The deployer that needs per-user policy based on directory roles, per-tenant policy based on customer attribution, or per-region policy based on data residency runs the policy in the application code or in an external layer because the Content Safety configuration surface focuses on content categories.

DeepInspect

This is the architectural context DeepInspect deploys into for Azure customers. DeepInspect sits inline between the application and each AI endpoint the application calls. The inspection layer reads the prompt, the retrieved context, the response, and the identity the application propagates. The layer evaluates identity-aware policy (per-user, per-tenant, per-region, per-route) and commits per-decision audit records bound to the verified natural-person identifier.

For an Azure-only deployment that needs per-decision evidence at the natural-person level, DeepInspect runs alongside Azure Content Safety. The Azure surface handles the Microsoft-authored content categories. DeepInspect's records carry the natural-person identity, the deployer-authored policy decisions, and the integrity metadata an external auditor reads. The two record series compose into the full per-decision evidence the regulator and the customer auditor consume.

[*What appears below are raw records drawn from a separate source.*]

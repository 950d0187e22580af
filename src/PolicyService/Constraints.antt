-- ===== src/PolicyService/Constraints.antt =====
-- src/services/policy_service.rs and the constraints of the table of bindings.
use matrix_identity_admin.Prelude.{
  List, [], ◌∷◌, Option, none, some, Bool, true, false, not, any, ◌≡◌, refl, ◌∙◌, Bool-cases, inl,
  inr, if◌then◌else◌, ap, ℕ, ◌+◌,
}
use matrix_identity_admin.Text.{Text, text_eq, ℤ}
use matrix_identity_admin.Models.Error.{Result, is_ok}
use matrix_identity_admin.Models.Audit.{AuditLog, AuditResult, Metadata}
use matrix_identity_admin.Models.Policy.{PolicySubject, PolicyTarget, GroupMapping}
use matrix_identity_admin.Effects.Database.{Database, BindingRow}
use matrix_identity_admin.Effects.Exec.{World, ask, ◌>>=◌}
use matrix_identity_admin.Effects.Rules.{Trace, Holds, Holds-pure, Holds-bind, Holds-try_then}
use matrix_identity_admin.AuditService.{AuditService, Actor, Target, log, insert, written}
use matrix_identity_admin.PolicyTables.{
  Sqlite, attempt, statement, insert_binding, revise_binding, remove_binding, has_bootstrapped,
  mark_bootstrapped, has_id,
}
use matrix_identity_admin.PolicyService.{
  PolicyService, create_binding, log_if, update_binding, delete_binding, import_mappings,
  import_new, bootstrap_from_env,
}
use matrix_identity_admin.PolicyService.Rows.{
  distinct, distinct-inserted, distinct-revised, distinct-keep,
}

abbrev pub Distinct : Database → Type 0
Distinct db = distinct db.policy_bindings ≡ true

abbrev DistinctTrace : (W : Type 0) → Trace W
DistinctTrace W = record {
  Valid = λ a b es. Distinct a.db → Distinct b.db;
  empty = λ w d. d;
  append = λ a b c xs ys f g d. g (f d);
}

written-policy_bindings :
    (unique : Text) (entry : AuditLog) (failure : Option Text) (db : Database)
    → (written unique entry failure db).1.policy_bindings ≡ db.policy_bindings
unfolding written
written-policy_bindings unique entry (some message) db = refl
written-policy_bindings unique entry none db =
    elim (Bool-cases (any (λ row. text_eq row.id entry.id) db.audit_logs)) [
      | inl h ↦ rw h refl
      | inr h ↦ rw h refl
    ]

pub log-policy_bindings :
    {W : Type 0} (audit : AuditService W) (who : Actor) (whom : Target) (action : Text)
    (result : AuditResult) (metadata : Metadata) (w : World W)
    → (log audit who whom action result metadata w).world.db.policy_bindings ≡ w.db.policy_bindings
unfolding log insert ◌>>=◌
log-policy_bindings audit who whom action result metadata w =
    written-policy_bindings audit.unique_violation _ _ w.db

Distinct-attempt :
    (A : Type 0) (failure : Option Text) (f : Database → Result A × Database) (db : Database)
    → (Distinct db → Distinct (f db).1)
    → Distinct db
    → Distinct (attempt failure f db).1
unfolding attempt
Distinct-attempt A (some message) f db h d = d
Distinct-attempt A none f db h d = h d

module _ {W : Type 0} where
  Distinct-ask : (A : Type 0) (f : W → A × W) → Holds (DistinctTrace W) (ask f)
  Distinct-ask A f = record { at = λ w d. d }

  Distinct-statement :
      (A : Type 0) (sqlite : Sqlite W) (f : Database → Result A × Database)
      → ((db : Database) → Distinct db → Distinct (f db).1)
      → Holds (DistinctTrace W) (statement sqlite f)
  unfolding statement
  Distinct-statement A sqlite f h = record { at = λ w. Distinct-attempt A _ f w.db (h w.db) }

  Distinct-log :
      (audit : AuditService W) (who : Actor) (whom : Target) (action : Text) (result : AuditResult)
      (metadata : Metadata)
      → Holds (DistinctTrace W) (log audit who whom action result metadata)
  Distinct-log audit who whom action result metadata = record {
    at = λ w d. ap distinct (log-policy_bindings audit who whom action result metadata w) ∙ d;
  }

  Distinct-insert_binding :
      (sqlite : Sqlite W) (row : BindingRow) → Holds (DistinctTrace W) (insert_binding sqlite row)
  unfolding insert_binding
  Distinct-insert_binding sqlite row =
      Distinct-statement (Unit {0}) sqlite _ (distinct-inserted sqlite.constraint_failed row)

module _ {W : Type 0} (service : PolicyService W) where
  Distinct-import :
      (now : Text) (count : ℕ) (mappings : List GroupMapping)
      → Holds (DistinctTrace W) (import_mappings service now count mappings)
  unfolding import_mappings
  Distinct-import now count [] = Holds-pure (DistinctTrace W) count
  Distinct-import now count (mapping ∷ rest) =
      Holds-bind (DistinctTrace W) _ _ (Distinct-ask _ service.new_v4) λ id.
        Holds-bind (DistinctTrace W) _ _ (Distinct-insert_binding service.sqlite _)
          λ r. Distinct-import now (if is_ok r then count + 1 else count) rest

  Distinct-import_new :
      (mappings : List GroupMapping) (source : Text) (done : Bool)
      → Holds (DistinctTrace W) (import_new service mappings source done)
  unfolding import_new mark_bootstrapped
  Distinct-import_new mappings source true = Holds-pure (DistinctTrace W) _
  Distinct-import_new mappings source false =
      let T = DistinctTrace W in
      Holds-bind T _ _ (Distinct-ask _ service.now) λ now.
        Holds-bind T _ _ (Distinct-import now 0 mappings) λ count.
          Holds-try_then T _ _ (Distinct-statement (Unit {0}) service.sqlite _ (λ db d. d))
            λ _. Holds-pure T _

  Distinct-bootstrap_from_env :
      (mappings : List GroupMapping) (source : Text)
      → Holds (DistinctTrace W) (bootstrap_from_env service mappings source)
  unfolding bootstrap_from_env has_bootstrapped
  Distinct-bootstrap_from_env mappings source =
      Holds-try_then (DistinctTrace W) _ _ (Distinct-statement Bool service.sqlite _ (λ db d. d))
        (Distinct-import_new mappings source)

  module _ (audit : AuditService W) (who : Actor) where
    Distinct-log_if :
        (b : Bool) (action : Text) (metadata : Metadata)
        → Holds (DistinctTrace W) (log_if service audit who b action metadata)
    unfolding log_if
    Distinct-log_if true action metadata =
        Holds-try_then (DistinctTrace W) _ _ (Distinct-log audit who _ action _ metadata)
          λ _. Holds-pure (DistinctTrace W) _
    Distinct-log_if false action metadata = Holds-pure (DistinctTrace W) _

    Distinct-create_binding :
        (subject : PolicySubject) (target : PolicyTarget) (level : Option ℤ) (remove : Bool)
        → Holds (DistinctTrace W) (create_binding service audit who subject target level remove)
    unfolding create_binding
    Distinct-create_binding subject target level remove =
        let T = DistinctTrace W in
        Holds-bind T _ _ (Distinct-ask _ service.new_v4) λ id.
          Holds-bind T _ _ (Distinct-ask _ service.now) λ now.
            Holds-try_then T _ _ (Distinct-insert_binding service.sqlite _)
              λ _. Holds-try_then T _ _ (Distinct-log audit who _ _ _ _) λ _. Holds-pure T _

    Distinct-update_binding :
        (id : Text) (level : Option ℤ) (remove : Bool)
        → Holds (DistinctTrace W) (update_binding service audit who id level remove)
    unfolding update_binding revise_binding
    Distinct-update_binding id level remove =
        let T = DistinctTrace W in
        Holds-bind T _ _ (Distinct-ask _ service.now) λ now.
          Holds-try_then T _ _
            (Distinct-statement Bool service.sqlite _
              (λ db d. distinct-revised id level remove now db.policy_bindings ∙ d))
            λ updated. Distinct-log_if updated _ _

    Distinct-delete_binding :
        (id : Text) → Holds (DistinctTrace W) (delete_binding service audit who id)
    unfolding delete_binding remove_binding
    Distinct-delete_binding id =
        Holds-try_then (DistinctTrace W) _ _
          (Distinct-statement Bool service.sqlite _
            (λ db d. distinct-keep (λ r. not (has_id id r)) db.policy_bindings d))
          λ deleted. Distinct-log_if deleted _ _

  -- If no two rows of the table of bindings share an id, or a subject and a room, and their types
  -- are valid, then this still holds after any run of `create_binding`, `update_binding`,
  -- `delete_binding` or `bootstrap_from_env`, whatever fails in between.
  pub operations-Distinct :
      (audit : AuditService W) (who : Actor) (subject : PolicySubject) (target : PolicyTarget)
      (level : Option ℤ) (remove : Bool) (id : Text) (mappings : List GroupMapping) (source : Text)
      (w : World W)
      → Distinct w.db
      → Distinct (create_binding service audit who subject target level remove w).world.db
        × Distinct (update_binding service audit who id level remove w).world.db
        × Distinct (delete_binding service audit who id w).world.db
        × Distinct (bootstrap_from_env service mappings source w).world.db
  operations-Distinct audit who subject target level remove id mappings source w d = (
    (Distinct-create_binding audit who subject target level remove).at w d,
    (Distinct-update_binding audit who id level remove).at w d,
    (Distinct-delete_binding audit who id).at w d,
    (Distinct-bootstrap_from_env mappings source).at w d,
  )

For a multi-cloud deployment that includes Azure OpenAI and non-Azure endpoints, DeepInspect covers all routes from a single policy surface. The deployer authors one policy that applies across Azure OpenAI, Bedrock, Anthropic, and any on-prem model the deployment runs. Book a technical deep dive at deepinspect.ai.

Frequently asked questions

Can Azure Content Safety enforce a per-user policy based on directory roles?

The Content Safety API surfaces the content classifier verdicts. The deployer's application code reads the verdicts and applies policy decisions. The policy logic that varies the decision based on the directory role lives in the application code. A deployer that wants the per-user policy outside the application code runs an external inspection layer that reads the verified identity and the classifier verdict at the request boundary.

How does the deployer get the natural-person identity into the Azure OpenAI invocation logs?

The application configures Azure AD Single Sign-On so the user's identity propagates into the Azure OpenAI session. The Foundry observability stack then captures the user identifier alongside the model invocation. The pattern works for Azure-native applications. A SaaS multi-tenant application that uses its own auth system needs an external mechanism to propagate the identity.

What is the difference between Prompt Shields and a general prompt-injection classifier?

Prompt Shields targets two specific patterns: direct jailbreak attempts in user input and indirect injection through retrieved documents. The API returns separate verdicts for each. A general prompt-injection classifier covers a broader pattern surface and may surface additional verdicts (encoded payloads, multi-step persuasion, tool-poisoning attempts). The deployer that wants broader coverage runs Prompt Shields plus an external classifier for the additional patterns.

How does Groundedness Detection compare to a deployer's own RAG evaluation?

Groundedness Detection evaluates the response against the grounding source the deployer supplies. The API returns a verdict that the deployer's policy reads. A deployer's own RAG evaluation may run different metrics (retrieval recall, answer relevance) and produce different verdicts. The two compose: the Microsoft service for the standard groundedness check, the deployer's own evaluation for the workload-specific metrics.

Does Azure Content Safety satisfy EU AI Act Article 12 on its own?

Article 12 expects record-keeping that covers the period of use, the input data, and the identification of the natural persons involved. The Azure Monitor and Foundry observability stack records cover the period of use and the input data when diagnostic logging is enabled. The natural-person identification reaches the records when the application propagates the identity through Azure AD or an external identity broker. The deployer that operates outside that pattern needs an external layer to capture the natural-person identity at the application boundary.